--- Assigned task ---
Give again, word for word, every line in the entries below from the line with "after_word : String → String → Option String" up to and including the line with "somewhere in a text.", and no other line.

= = = = = = =

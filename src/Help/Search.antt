-- ===== src/Help/Search.antt =====
-- The ranking of articles: apps/api/src/help/engine.ts, `searchArticles`. A score is held in
-- hundredths, so that 12, 2 and 0.15 are whole; the source adds floating-point numbers. Texts are
-- compared by pairs of UTF-16 code units, as `slice` takes them.
use Prim.Native.Char.{Char, code}
use Prim.Native.String
use hanamaru_shientool_prod.Prelude.{
  ℕ, ◌+◌, ◌*◌, ◌-◌, ◌/◌, ◌%◌, String, Bool, not, ◌&&◌, List, [], ◌∷◌, map, if◌then◌else◌, ltb, leb,
  ◌==◌, any, keep,
}
use hanamaru_shientool_prod.Prelude.Text.{is_space, is_empty, trim}
use hanamaru_shientool_prod.Help.{Article}
use hanamaru_shientool_prod.Prelude.Substrings.{contains, drop_chars}

-- `String.prototype.normalize("NFKC")` and `toLowerCase`.
pub record Unicode : Type 0 where
  pub nfkc : String → String
  pub lower : String → String

-- `[。、？！?!「」：:・]`.
is_mark : Char → Bool
is_mark c =
    any (λ m. code c == m)
      (0x3002
        ∷ (0x3001
            ∷ (0xff1f
                ∷ (0xff01
                    ∷ (b'?' ∷ (b'!' ∷ (0x300c ∷ (0x300d ∷ (0xff1a ∷ (b':' ∷ (0x30fb ∷ [])))))))))))

-- The code units of a text.
unfoldable pub code_units : String → List ℕ
code_units String.[] = []
code_units (String.◌∷◌ c s) =
    let rest = code_units s in
    if ltb (code c) 0x10000
    then code c ∷ rest
    else (0xd800 + (code c - 0x10000) / 0x400) ∷ ((0xdc00 + (code c - 0x10000) % 0x400) ∷ rest)

unfoldable pub pairs : List ℕ → List (ℕ × ℕ)
pairs [] = []
pairs (a ∷ []) = []
pairs (a ∷ (b ∷ us)) = (a, b) ∷ pairs (b ∷ us)

abbrev pub has_pair : List (ℕ × ℕ) → ℕ × ℕ → Bool
has_pair ps p = any (λ q. q.0 == p.0 && q.1 == p.1) ps

-- `new Set(…)` in order of insertion, read from the end.
unfoldable pub distinct : List (ℕ × ℕ) → List (ℕ × ℕ)
distinct [] = []
distinct (p ∷ ps) = p ∷ keep (λ q. not (q.0 == p.0 && q.1 == p.1)) (distinct ps)

unfoldable pub join : List String → String
join [] = ""
join (s ∷ []) = s
join (s ∷ (t ∷ ss)) = String.◌++◌ s (String.◌++◌ " " (join (t ∷ ss)))

abbrev pub count {ℓ} : {A : Type ℓ} → (A → Bool) → List A → ℕ
count p [] = 0
count p (x ∷ xs) = let rest = count p xs in if p x then 1 + rest else rest

-- A stable sort, the highest score first.
abbrev pub insert : Article × ℕ → List (Article × ℕ) → List (Article × ℕ)
insert x [] = x ∷ []
insert x (y ∷ ys) = let rest = insert x ys in if leb y.1 x.1 then x ∷ (y ∷ ys) else y ∷ rest

abbrev pub sort : List (Article × ℕ) → List (Article × ℕ)
sort [] = []
sort (x ∷ xs) = insert x (sort xs)

module _ (u : Unicode) where
  unfoldable pub normalize : String → String
  unfolding is_space
  normalize s = drop_chars is_space (u.lower (u.nfkc s))

  unfoldable pub grams : String → List (ℕ × ℕ)
  unfolding normalize is_mark code_units pairs distinct
  grams s = distinct (pairs (code_units (drop_chars is_mark (normalize s))))

  -- The score of one article, in hundredths.
  unfoldable pub score : String → Article → ℕ
  unfolding normalize grams contains join
  score query a =
      let q = normalize query in
      let g = grams query in
      let title = String.◌++◌ a.title (String.◌++◌ " " (join a.keywords)) in
      let body = pairs (code_units (normalize a.body)) in
      1200 * count (λ k. contains q (normalize k)) a.keywords
      + 200 * count (has_pair g) (grams (normalize title))
      + 15 * count (has_pair body) g

  -- `searchArticles`.
  unfoldable pub search_articles : List Article → String → List (Article × ℕ)
  unfolding score trim
  search_articles articles query =
      if is_empty (trim query)
      then map (λ a. (a, 100)) articles
      else sort (keep (λ x. leb 200 x.1) (map (λ a. (a, score query a)) articles))
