-- ===== src/Help/Answer.antt =====
-- The answer to a question: apps/api/src/help/engine.ts, `answerQuestion`. The fixed Japanese
-- messages are left out, since `kind` and the other fields tell them apart. `select` is the caller's
-- selector (a language model), `none` if it throws; a selection whose `sectionIds` are no array has
-- `none` there.
pub mod Grounded
use Prim.Native.Char.{Char, code}
use Prim.Native.String
use Prim.Native.String.{String}
use hanamaru_shientool_prod.Prelude.{
  ℕ, ◌-◌, Bool, true, false, not, ◌&&◌, ◌||◌, Option, none, some, List, [], ◌∷◌, map, if◌then◌else◌,
  ltb, ◌==◌, any, keep, find, take,
}
use hanamaru_shientool_prod.Prelude.Text.{str_eq, is_empty, utf16_length, units_of}
use hanamaru_shientool_prod.Help.{
  Actor, Section, Link, Article, OtherApp, Catalog, includes, visible_articles,
}
use hanamaru_shientool_prod.Prelude.Substrings.{starts, contains}
use hanamaru_shientool_prod.Help.Search.{Unicode, search_articles, join}

pub data Kind : Type 0 where
  answer clarify not_found restricted unavailable cross_app : Kind

pub record HelpAnswer : Type 0 where
  pub kind : Kind
  pub sections : List Section
  pub sources : List Link
  pub screens : List Link

pub record Turn : Type 0 where
  pub question : String
  pub source_slugs : List String

pub record HelpQuestion : Type 0 where
  pub question : String
  pub history : List Turn

pub record HelpSelection : Type 0 where
  pub slug : String
  pub section_ids : Option (List String)
  pub clarify : Bool

abbrev pub Selector : Type 0
Selector = String → List Turn → List Article → Option HelpSelection

-- A line break, which `.` does not match.
abbrev is_break : Char → Bool
is_break c = code c == 10 || code c == 13 || code c == 0x2028 || code c == 0x2029

-- `.{0,n}(?:w₁|w₂|…)` at the start of a text.
near : List String → ℕ → String → Bool
near ends n String.[] = any (λ w. starts w String.[]) ends
near ends n (String.◌∷◌ c s) =
    any (λ w. starts w (String.◌∷◌ c s)) ends
    || (not (is_break c) && not (ltb n (units_of c)) && near ends (n - units_of c) s)

-- The text behind a word that it starts with.
after_word : String → String → Option String
after_word String.[] s = some s
after_word (String.◌∷◌ c w) String.[] = none
after_word (String.◌∷◌ c w) (String.◌∷◌ d s) =
    let rest = after_word w s in if code c == code d then rest else none

follows : List String → ℕ → Option String → Bool
follows ends n none = false
follows ends n (some s) = near ends n s

-- `(?:w₁|…).{0,n}(?:e₁|…)` somewhere in a text.
matches_near : List String → List String → ℕ → String → Bool
matches_near heads ends n String.[] = any (λ w. follows ends n (after_word w String.[])) heads
matches_near heads ends n (String.◌∷◌ c s) =
    any (λ w. follows ends n (after_word w (String.◌∷◌ c s))) heads || matches_near heads ends n s

-- A request to act for the user, or for the user's own figures.
unfoldable pub asks_for_action : String → Bool
unfolding near after_word follows matches_near
asks_for_action q =
    matches_near ("申請" ∷ ("登録" ∷ ("更新" ∷ ("削除" ∷ ("承認" ∷ ("発注" ∷ ("打刻" ∷ [])))))))
      ("しておいて" ∷ ("実行して" ∷ ("代わりに" ∷ ("しといて" ∷ [])))) 12 q
    || matches_near ("私の" ∷ ("わたしの" ∷ ("自分の" ∷ [])))
        ("何日" ∷ ("いくら" ∷ ("教えて" ∷ ("残って" ∷ ("状況を確認" ∷ []))))) 18 q

abbrev is_follow_up : String → Bool
is_follow_up q =
    any (λ w. starts w q)
      ("その" ∷ ("それ" ∷ ("続き" ∷ ("次" ∷ ("修正" ∷ ("変更" ∷ ("戻" ∷ ("取消" ∷ ("取り消" ∷ ("やり直" ∷ []))))))))))
    && ltb (utf16_length q) 45

abbrev last_turn : List Turn → Option Turn
last_turn [] = none
last_turn (t ∷ []) = some t
last_turn (t ∷ (v ∷ ts)) = last_turn (v ∷ ts)

abbrev with_context : List Article → String → Option Turn → String
with_context allowed q none = q
with_context allowed q (some t) =
    String.◌++◌
      (join (
        map (λ (a : Article). a.title)
          (keep (λ (a : Article). includes t.source_slugs a.slug) allowed)))
      (String.◌++◌ " " (String.◌++◌ t.question (String.◌++◌ " " q)))

-- The text that is searched for: a short follow-up takes the last turn with it.
unfoldable pub search_query : List Article → HelpQuestion → String
unfolding join
search_query allowed input =
    if is_follow_up input.question
    then with_context allowed input.question (last_turn input.history)
    else input.question

abbrev pub no_answer : Kind → List Link → HelpAnswer
no_answer k sources = record { kind = k; sections = []; sources = sources; screens = [] }

abbrev pub help_link : Article → Link
help_link a = record { label = a.title; href = String.◌++◌ "/help/" a.slug }

-- The section with the preparations, if the article has one, stands first.
abbrev prepared : Option Section → List Section → List Section
prepared none chosen = chosen
prepared (some c) chosen = take 4 (c ∷ keep (λ (s : Section). not (str_eq s.id c.id)) chosen)

abbrev shown : Article → List Section → List Link → HelpAnswer
shown a [] sources = no_answer not_found sources
shown a (s ∷ ss) sources = record {
  kind = answer;
  sections = prepared (find (λ (c : Section). str_eq c.title "操作前の確認") a.sections) (s ∷ ss);
  sources = help_link a ∷ [];
  screens = a.screens;
}

abbrev from_article : Option Article → Option (List String) → List Link → HelpAnswer
from_article none ids sources = no_answer not_found sources
from_article (some a) none sources = no_answer not_found sources
from_article (some a) (some ids) sources =
    shown a (take 4 (keep (λ (s : Section). includes ids s.id) a.sections)) sources

abbrev by_choice : List Article → List Link → Option HelpSelection → HelpAnswer
by_choice ranked sources none = no_answer unavailable sources
by_choice ranked sources (some choice) =
    if choice.clarify
    then no_answer clarify sources
    else from_article (find (λ (a : Article). str_eq a.slug choice.slug) ranked) choice.section_ids
        sources

abbrev from_ranked : Selector → HelpQuestion → Bool → List Article → HelpAnswer
from_ranked select input enabled [] = no_answer not_found []
from_ranked select input enabled (a ∷ as') =
    let sources = map help_link (take 3 (a ∷ as')) in
    if enabled
    then by_choice (a ∷ as') sources (select input.question input.history (a ∷ as'))
    else no_answer unavailable sources

abbrev from_other : Option OtherApp → HelpAnswer → HelpAnswer
from_other none here = here
from_other (some o) here =
    no_answer cross_app (record { label = String.◌++◌ o.label "のヘルプ"; href = o.href } ∷ [])

module _ (u : Unicode) where
  -- The articles that the selector is shown: the four best of those that the actor may see.
  unfoldable pub ranked_articles : Catalog → Actor → HelpQuestion → List Article
  ranked_articles catalog actor input =
      let allowed = visible_articles catalog actor in
      map (λ (x : Article × ℕ). x.0)
        (take 4 (search_articles u allowed (search_query allowed input)))

  -- `answerQuestion`.
  unfoldable pub answer_question : Catalog → Actor → HelpQuestion → Selector → Bool → HelpAnswer
  answer_question catalog actor input select enabled =
      if asks_for_action input.question
      then no_answer restricted []
      else from_other
          (find (λ (o : OtherApp). any (contains input.question) o.keywords) catalog.other_apps)
          (from_ranked select input enabled (ranked_articles catalog actor input))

= = = = = = =

--- Task solution ---
after_word : String → String → Option String
after_word String.[] s = some s
after_word (String.◌∷◌ c w) String.[] = none
after_word (String.◌∷◌ c w) (String.◌∷◌ d s) =
    let rest = after_word w s in if code c == code d then rest else none

follows : List String → ℕ → Option String → Bool
follows ends n none = false
follows ends n (some s) = near ends n s

-- `(?:w₁|…).{0,n}(?:e₁|…)` somewhere in a text.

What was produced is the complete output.